EXERCISE: Only the lines from the one containing "object_public_id db h" through the end of the data belong in the answer; reproduce them exactly.

DATA SHOWN:
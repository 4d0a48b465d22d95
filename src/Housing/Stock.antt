-- ===== src/Housing/Stock.antt =====
-- Never more pieces of an item are placed than the player owns.
use cat_game_backend.Base.{
  ℕ, ◌+◌, ◌≤◌, ◌≡◌, refl, sym, ◌∙◌, ◌&&◌, Option, some, none, List, [], ◌∷◌, inl, inr, arith,
  Bool-cases, ◌==◌, length, pos, ◌≤ℤ◌, if◌then◌else◌,
}
use cat_game_backend.Store.Rows.{
  User, Item, PlacedObject, Position, placed_object_row, item_row, user_row,
}
use cat_game_backend.Store.Table.{
  Distinct, put, put_absent, get-find, where_rows, insert_row, delete_row, find, get,
}
use cat_game_backend.Store.Session.{Db, run_uow, run_uow-ok}
use cat_game_backend.Store.Atomic.{run_uow-outcome}
use cat_game_backend.Store.Stock.{owned}
use cat_game_backend.Housing.{
  place_furniture, update_furniture_placement, remove_furniture_placement,
}
use cat_game_backend.Housing.Placing.{Placed, place_furniture-Placed}
use cat_game_backend.Housing.Atomicity.{place_furniture-IsAtomic, update-IsAtomic, remove-IsAtomic}
use cat_game_backend.Housing.Room.{Moved, update-Moved}
use cat_game_backend.Housing.Removal.{Removed, remove-Removed}

-- How many pieces of an item a player has placed.
unfoldable pub placed_count : ℕ → ℕ → List PlacedObject → ℕ
placed_count user_id item_id t =
    length (where_rows (λ p. p.user_id == user_id && p.item_id == item_id) t)

pub record IsStocked (db : Db) : Type 0 where
  pub at :
      (user_id item_id : ℕ)
      → pos (placed_count user_id item_id db.placed_objects) ≤ℤ owned user_id item_id db.assets

count_insert :
    (user_id item_id : ℕ) (r : PlacedObject) (t : List PlacedObject)
    → placed_count user_id item_id (insert_row r t)
      ≡ placed_count user_id item_id t
        + (if r.user_id == user_id && r.item_id == item_id then 1 else 0)
unfolding placed_count where_rows
count_insert user_id item_id r [] = ground arith
count_insert user_id item_id r (x ∷ t) = ground (arith, count_insert user_id item_id r t)

count_delete :
    (user_id item_id i : ℕ) (t : List PlacedObject)
    → placed_count user_id item_id (delete_row i t) ≤ placed_count user_id item_id t
unfolding placed_count where_rows delete_row
count_delete user_id item_id i [] = omega arith
count_delete user_id item_id i (x ∷ t) = ground (arith, count_delete user_id item_id i t)

count_put :
    (user_id item_id : ℕ) (u v : PlacedObject) (t : List PlacedObject)
    → Distinct t
    → get v.id t ≡ some u
    → v.user_id ≡ u.user_id
    → v.item_id ≡ u.item_id
    → placed_count user_id item_id (put v t) ≡ placed_count user_id item_id t
unfolding placed_count where_rows put get find
count_put user_id item_id u v [] d found eu ei = refl
count_put user_id item_id u v (x ∷ t) d found eu ei = elim (Bool-cases (x.id == v.id)) [
  | inl same ↦
      let e : x.id ≡ v.id = ground arith in
      let absent : get v.id t ≡ none = rw e at (d.0) in
      let hit : x ≡ u = ground arith in
      let owner : v.user_id ≡ x.user_id = eu ∙ λ i. (sym hit i).user_id in
      let item : v.item_id ≡ x.item_id = ei ∙ λ i. (sym hit i).item_id in
      rw (same, put_absent v t absent) (ground (arith, owner, item))
  | inr differs ↦ ground (arith, count_put user_id item_id u v t d.1)
]

module _ (grid_unit : ℕ) where
  -- The limit that the placement has tested.
  Placed-room :
      (user : User) (item : Item) (db db' : Db)
      → Placed grid_unit user item db db'
      → pos (placed_count user.id item.id db.placed_objects + 1) ≤ℤ owned user.id item.id db.assets
  unfolding placed_count owned
  Placed-room user item db db' p = ground (arith, p.within, p.owned)

  Placed-IsStocked :
      (user : User) (item : Item) (db db' : Db)
      → IsStocked db
      → Placed grid_unit user item db db'
      → IsStocked db'
  Placed-IsStocked user item db db' h p = record {
    at = λ j i. elim (Bool-cases (p.object.user_id == j && p.object.item_id == i)) [
      | inl same ↦
          let eu : j ≡ user.id = ground (arith, p.owner) in
          let ei : i ≡ item.id = ground (arith, p.item_id) in
          rw (p.placed, p.assets, count_insert j i p.object db.placed_objects, same, eu, ei)
            (Placed-room user item db db' p)
      | inr other ↦
          rw (p.placed, p.assets, count_insert j i p.object db.placed_objects, other)
            (omega (arith, h.at j i))
    ];
  }

  -- Placing furniture keeps the placements within the stock (IsStocked: of every item, a player
  -- has placed at most as many pieces as the player owns), whether the call returns or raises.
  pub place_furniture-IsStocked :
      (user_public_id item_public_id : ℕ) (p : Position) (id : Option ℕ) (db : Db)
      → IsStocked db
      → IsStocked (run_uow (place_furniture grid_unit user_public_id item_public_id p id) db).1
  place_furniture-IsStocked user_public_id item_public_id p id db h =
      run_uow-outcome IsStocked (place_furniture grid_unit user_public_id item_public_id p id) db
        (place_furniture-IsAtomic grid_unit user_public_id item_public_id p id) h
        (λ r db' ran.
          let (s', steps, same) =
            run_uow-ok (place_furniture grid_unit user_public_id item_public_id p id) db db' r
              ran in
          elim (place_furniture-Placed grid_unit user_public_id item_public_id p id db s' r steps) [
            | inl unchanged ↦ rw (sym same, unchanged) h
            | inr (user, item, found, placed) ↦
                rw (sym same) (Placed-IsStocked user item db s'.committed h placed)
          ])

  Moved-IsStocked :
      (user : User) (object_public_id : ℕ) (position : Position) (db db' : Db)
      → Distinct db.placed_objects
      → IsStocked db
      → Moved grid_unit user object_public_id position db db'
      → IsStocked db'
  Moved-IsStocked user object_public_id position db db' keys h m =
      let v = record m.object { position_data = position } in
      let row =
        get-find (λ (p : PlacedObject). p.public_id == object_public_id) m.object db.placed_objects
          keys m.found in
      record {
        at = λ j i.
            rw (m.moved, m.assets, count_put j i m.object v db.placed_objects keys row refl refl)
              (h.at j i);
      }

  -- If the primary keys of the placed objects are distinct, moving a placed object keeps the
  -- placements within the stock (IsStocked), whether the call returns or raises.
  pub update_furniture_placement-IsStocked :
      (user_public_id object_public_id : ℕ) (position : Position) (db : Db)
      → Distinct db.placed_objects
      → IsStocked db
      → IsStocked
          (run_uow
            (update_furniture_placement grid_unit user_public_id object_public_id position)
            db).1
  update_furniture_placement-IsStocked user_public_id object_public_id position db keys h =
      run_uow-outcome IsStocked
        (update_furniture_placement grid_unit user_public_id object_public_id position) db
        (update-IsAtomic grid_unit user_public_id object_public_id position) h
        (λ r db' ran.
          let (s', steps, same) =
            run_uow-ok
              (update_furniture_placement grid_unit user_public_id object_public_id position) db db'
              r ran in
          let (user, moved) =
            update-Moved grid_unit user_public_id object_public_id position db s' r steps in
          rw (sym same)
            (Moved-IsStocked user object_public_id position db s'.committed keys h moved))

  Removed-IsStocked :
      (user : User) (object_public_id : ℕ) (db db' : Db)
      → IsStocked db
      → Removed grid_unit user object_public_id db db'
      → IsStocked db'
  Removed-IsStocked user object_public_id db db' h m = record {
    at = λ j i.
        rw (m.removed, m.assets)
          (omega (arith, h.at j i, count_delete j i m.object.id db.placed_objects));
  }

  -- Removing a placed object keeps the placements within the stock (IsStocked), whether the call
  -- returns or raises.
  pub remove_furniture_placement-IsStocked :
      (user_public_id object_public_id : ℕ) (db : Db)
      → IsStocked db
      → IsStocked
          (run_uow (remove_furniture_placement grid_unit user_public_id object_public_id) db).1
  remove_furniture_placement-IsStocked user_public_id object_public_id db h =
      run_uow-outcome IsStocked
        (remove_furniture_placement grid_unit user_public_id object_public_id) db
        (remove-IsAtomic grid_unit user_public_id object_public_id) h
        (λ r db' ran.
          let (s', steps, same) =
            run_uow-ok (remove_furniture_placement grid_unit user_public_id object_public_id) db db'
              r ran in
          let (user, removed) =
            remove-Removed grid_unit user_public_id object_public_id db s' steps in
          rw (sym same) (Removed-IsStocked user object_public_id db s'.committed h removed))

RESULT:
  remove_furniture_placement-IsStocked user_public_id object_public_id db h =
      run_uow-outcome IsStocked
        (remove_furniture_placement grid_unit user_public_id object_public_id) db
        (remove-IsAtomic grid_unit user_public_id object_public_id) h
        (λ r db' ran.
          let (s', steps, same) =
            run_uow-ok (remove_furniture_placement grid_unit user_public_id object_public_id) db db'
              r ran in
          let (user, removed) =
            remove-Removed grid_unit user_public_id object_public_id db s' steps in
          rw (sym same) (Removed-IsStocked user object_public_id db s'.committed h removed))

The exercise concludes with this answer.